BEGIN Task data

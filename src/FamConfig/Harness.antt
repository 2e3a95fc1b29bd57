-- ===== src/FamConfig/Harness.antt =====
-- internal/famconfig/harness.go: which harness an agent is declared to have, and which it runs under.
pub mod Reconciled
use Prim.Native.Char.{Char, code}
use Prim.Native.String.{◌++◌ as append}
use text.Mathlib.TextLemmas.{
  cons-append, nil-append, append-nil as text_append-nil, append_assoc as text_append_assoc,
}
use botfam.Base.{
  ℕ, zero, suc, ◌+◌, ◌-◌, ◌*◌, ◌/◌, ◌%◌, ◌^◌, ◌≤◌, ◌<◌, String, ◌≡◌, refl, sym, ap, ◌∙◌, fun_ext,
  ◌≢◌, ◌↔◌, ◌⊎◌, inl, inr, Bool, true, false, not, ◌&&◌, ◌||◌, false≢true, Option, none, some, List,
  [], ◌∷◌, ◌++◌, map, append-nil, append_assoc, arith, ◌==◌, eq_iff, eq_refl, ltb, leb, nat_eq,
  if◌then◌else◌, ltb→lt, nat_eq_iff, Bool-cases, Option-cases, Error, engine, message, Result, ok,
  err, Exec, pure, raise, continue, ◌>>=◌, ◌>>◌, ignore, Result-cases, length, any, find, filter,
  update, length-append, any-append, is_some, or_else, or_default, any-find, All, All-append,
}
use botfam.Base.Text.{is_space, trim_space, is_blank, join, digit, format_int}
use botfam.Base.Runes.{
  all_chars, runes, take_runes, keep_chars, fields, all_chars-append, all_chars-take_runes,
  all_chars-keep_chars, runes-take_runes-le, all_chars-trim_space, all_chars-join-fields,
  starts_clean, starts_clean-trim_space, starts_clean-take_runes,
}
use botfam.Base.Numerals.{
  ℤ, is_positive, parse_int, format_integer, parse_int-format_int, max_int64,
}
use botfam.Base.Affixes.{contains, cut_prefix}

pub record HarnessSpec : Type 0 where
  pub canonical : String
  pub aliases : List String
  pub env_vars : List String
  pub client_name_substrings : List String

abbrev pub harness_claude_code : String
harness_claude_code = "claude-code"

abbrev pub harness_codex : String
harness_codex = "codex"

abbrev pub harness_antigravity : String
harness_antigravity = "antigravity"

abbrev pub claude_code_spec : HarnessSpec
claude_code_spec = record {
  canonical = harness_claude_code;
  aliases = "claude" ∷ [];
  env_vars = "CLAUDECODE" ∷ "CLAUDE_CODE_ENTRYPOINT" ∷ [];
  client_name_substrings = "claude" ∷ [];
}

abbrev pub codex_spec : HarnessSpec
codex_spec = record {
  canonical = harness_codex;
  aliases = [];
  env_vars = [];
  client_name_substrings = "codex" ∷ [];
}

abbrev pub antigravity_spec : HarnessSpec
antigravity_spec = record {
  canonical = harness_antigravity;
  aliases = [];
  env_vars = [];
  client_name_substrings = "antigravity" ∷ "gemini" ∷ [];
}

abbrev pub harness_registry : List HarnessSpec
harness_registry = claude_code_spec ∷ codex_spec ∷ antigravity_spec ∷ []

-- the canonical name of the first harness that passes a test
unfoldable pub first_harness : (HarnessSpec → Bool) → List HarnessSpec → String → String
first_harness p [] otherwise = otherwise
first_harness p (spec ∷ specs) otherwise =
    let rest = first_harness p specs otherwise in if p spec then spec.canonical else rest

unfoldable pub is_named : String → HarnessSpec → Bool
unfolding any
is_named harness spec = harness == spec.canonical || any (λ a. harness == a) spec.aliases

-- CanonicalHarness
unfoldable pub canonical_harness : String → String
unfolding first_harness is_named
canonical_harness harness =
    if harness == "" then "" else first_harness (is_named harness) harness_registry harness

-- the closure present: the first variable of that name has a value
present : List String → String → Bool
unfolding cut_prefix
present [] key = false
present (kv ∷ environ) key = elim (cut_prefix (append key "=") kv) [
  | none ↦ present environ key
  | some v ↦ not (v == "")
]

-- DetectHarnessFromEnv
unfoldable pub detect_harness_from_env : List String → String
unfolding first_harness present any
detect_harness_from_env environ =
    first_harness (λ spec. any (present environ) spec.env_vars) harness_registry ""

-- HarnessResolution
pub record HarnessResolution : Type 0 where
  pub declared : String
  pub detected : String
  pub effective : String
  pub source : String
  pub mismatch : Bool

-- `to_lower` is strings.ToLower, with Go's tables of Unicode.
module _ (to_lower : String → String) where
  -- DetectHarnessFromClientName
  unfoldable pub detect_harness_from_client_name : String → String
  unfolding trim_space first_harness contains any
  detect_harness_from_client_name name =
      let n = to_lower (trim_space name) in
      if n == ""
      then ""
      else first_harness (λ spec. any (contains n) spec.client_name_substrings) harness_registry ""

  unfoldable pub detected_harness : String → List String → String
  unfolding detect_harness_from_client_name detect_harness_from_env
  detected_harness client_name environ =
      let h = detect_harness_from_client_name client_name in
      if not (h == "") then h else detect_harness_from_env environ

  -- ResolveHarness
  unfoldable pub resolve_harness : String → String → List String → HarnessResolution
  unfolding canonical_harness detected_harness detect_harness_from_client_name
  resolve_harness declared client_name environ =
      let canonical = canonical_harness declared in
      let detected = detected_harness client_name environ in
      if not (detected == "")
      then record {
        declared = canonical;
        detected = detected;
        effective = detected;
        source =
            if not (detect_harness_from_client_name client_name == "") then "clientinfo" else "env";
        mismatch = not (canonical == "") && not (canonical == detected);
      }
      else record {
        declared = canonical;
        detected = "";
        effective = canonical;
        source = "declared";
        mismatch = false;
      }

END Task data

Return the data in full, exactly as it appears above.

filename src/FamConfig/Harness.antt
repository 2e3a95fc1b29bd57
-- ===== src/FamConfig/Harness.antt =====
-- internal/famconfig/harness.go: which harness an agent is declared to have, and which it runs under.
pub mod Reconciled
use Prim.Native.Char.{Char, code}
use Prim.Native.String.{◌++◌ as append}
use text.Mathlib.TextLemmas.{
  cons-append, nil-append, append-nil as text_append-nil, append_assoc as text_append_assoc,
}
use botfam.Base.{
  ℕ, zero, suc, ◌+◌, ◌-◌, ◌*◌, ◌/◌, ◌%◌, ◌^◌, ◌≤◌, ◌<◌, String, ◌≡◌, refl, sym, ap, ◌∙◌, fun_ext,
  ◌≢◌, ◌↔◌, ◌⊎◌, inl, inr, Bool, true, false, not, ◌&&◌, ◌||◌, false≢true, Option, none, some, List,
  [], ◌∷◌, ◌++◌, map, append-nil, append_assoc, arith, ◌==◌, eq_iff, eq_refl, ltb, leb, nat_eq,
  if◌then◌else◌, ltb→lt, nat_eq_iff, Bool-cases, Option-cases, Error, engine, message, Result, ok,
  err, Exec, pure, raise, continue, ◌>>=◌, ◌>>◌, ignore, Result-cases, length, any, find, filter,
  update, length-append, any-append, is_some, or_else, or_default, any-find, All, All-append,
}
use botfam.Base.Text.{is_space, trim_space, is_blank, join, digit, format_int}
use botfam.Base.Runes.{
  all_chars, runes, take_runes, keep_chars, fields, all_chars-append, all_chars-take_runes,
  all_chars-keep_chars, runes-take_runes-le, all_chars-trim_space, all_chars-join-fields,
  starts_clean, starts_clean-trim_space, starts_clean-take_runes,
}
use botfam.Base.Numerals.{
  ℤ, is_positive, parse_int, format_integer, parse_int-format_int, max_int64,
}
use botfam.Base.Affixes.{contains, cut_prefix}

pub record HarnessSpec : Type 0 where
  pub canonical : String
  pub aliases : List String
  pub env_vars : List String
  pub client_name_substrings : List String

abbrev pub harness_claude_code : String
harness_claude_code = "claude-code"

abbrev pub harness_codex : String
harness_codex = "codex"

abbrev pub harness_antigravity : String
harness_antigravity = "antigravity"

abbrev pub claude_code_spec : HarnessSpec
claude_code_spec = record {
  canonical = harness_claude_code;
  aliases = "claude" ∷ [];
  env_vars = "CLAUDECODE" ∷ "CLAUDE_CODE_ENTRYPOINT" ∷ [];
  client_name_substrings = "claude" ∷ [];
}

abbrev pub codex_spec : HarnessSpec
codex_spec = record {
  canonical = harness_codex;
  aliases = [];
  env_vars = [];
  client_name_substrings = "codex" ∷ [];
}

abbrev pub antigravity_spec : HarnessSpec
antigravity_spec = record {
  canonical = harness_antigravity;
  aliases = [];
  env_vars = [];
  client_name_substrings = "antigravity" ∷ "gemini" ∷ [];
}

abbrev pub harness_registry : List HarnessSpec
harness_registry = claude_code_spec ∷ codex_spec ∷ antigravity_spec ∷ []

-- the canonical name of the first harness that passes a test
unfoldable pub first_harness : (HarnessSpec → Bool) → List HarnessSpec → String → String
first_harness p [] otherwise = otherwise
first_harness p (spec ∷ specs) otherwise =
    let rest = first_harness p specs otherwise in if p spec then spec.canonical else rest

unfoldable pub is_named : String → HarnessSpec → Bool
unfolding any
is_named harness spec = harness == spec.canonical || any (λ a. harness == a) spec.aliases

-- CanonicalHarness
unfoldable pub canonical_harness : String → String
unfolding first_harness is_named
canonical_harness harness =
    if harness == "" then "" else first_harness (is_named harness) harness_registry harness

-- the closure present: the first variable of that name has a value
present : List String → String → Bool
unfolding cut_prefix
present [] key = false
present (kv ∷ environ) key = elim (cut_prefix (append key "=") kv) [
  | none ↦ present environ key
  | some v ↦ not (v == "")
]

-- DetectHarnessFromEnv
unfoldable pub detect_harness_from_env : List String → String
unfolding first_harness present any
detect_harness_from_env environ =
    first_harness (λ spec. any (present environ) spec.env_vars) harness_registry ""

-- HarnessResolution
pub record HarnessResolution : Type 0 where
  pub declared : String
  pub detected : String
  pub effective : String
  pub source : String
  pub mismatch : Bool

-- `to_lower` is strings.ToLower, with Go's tables of Unicode.
module _ (to_lower : String → String) where
  -- DetectHarnessFromClientName
  unfoldable pub detect_harness_from_client_name : String → String
  unfolding trim_space first_harness contains any
  detect_harness_from_client_name name =
      let n = to_lower (trim_space name) in
      if n == ""
      then ""
      else first_harness (λ spec. any (contains n) spec.client_name_substrings) harness_registry ""

  unfoldable pub detected_harness : String → List String → String
  unfolding detect_harness_from_client_name detect_harness_from_env
  detected_harness client_name environ =
      let h = detect_harness_from_client_name client_name in
      if not (h == "") then h else detect_harness_from_env environ

  -- ResolveHarness
  unfoldable pub resolve_harness : String → String → List String → HarnessResolution
  unfolding canonical_harness detected_harness detect_harness_from_client_name
  resolve_harness declared client_name environ =
      let canonical = canonical_harness declared in
      let detected = detected_harness client_name environ in
      if not (detected == "")
      then record {
        declared = canonical;
        detected = detected;
        effective = detected;
        source =
            if not (detect_harness_from_client_name client_name == "") then "clientinfo" else "env";
        mismatch = not (canonical == "") && not (canonical == detected);
      }
      else record {
        declared = canonical;
        detected = "";
        effective = canonical;
        source = "declared";
        mismatch = false;
      }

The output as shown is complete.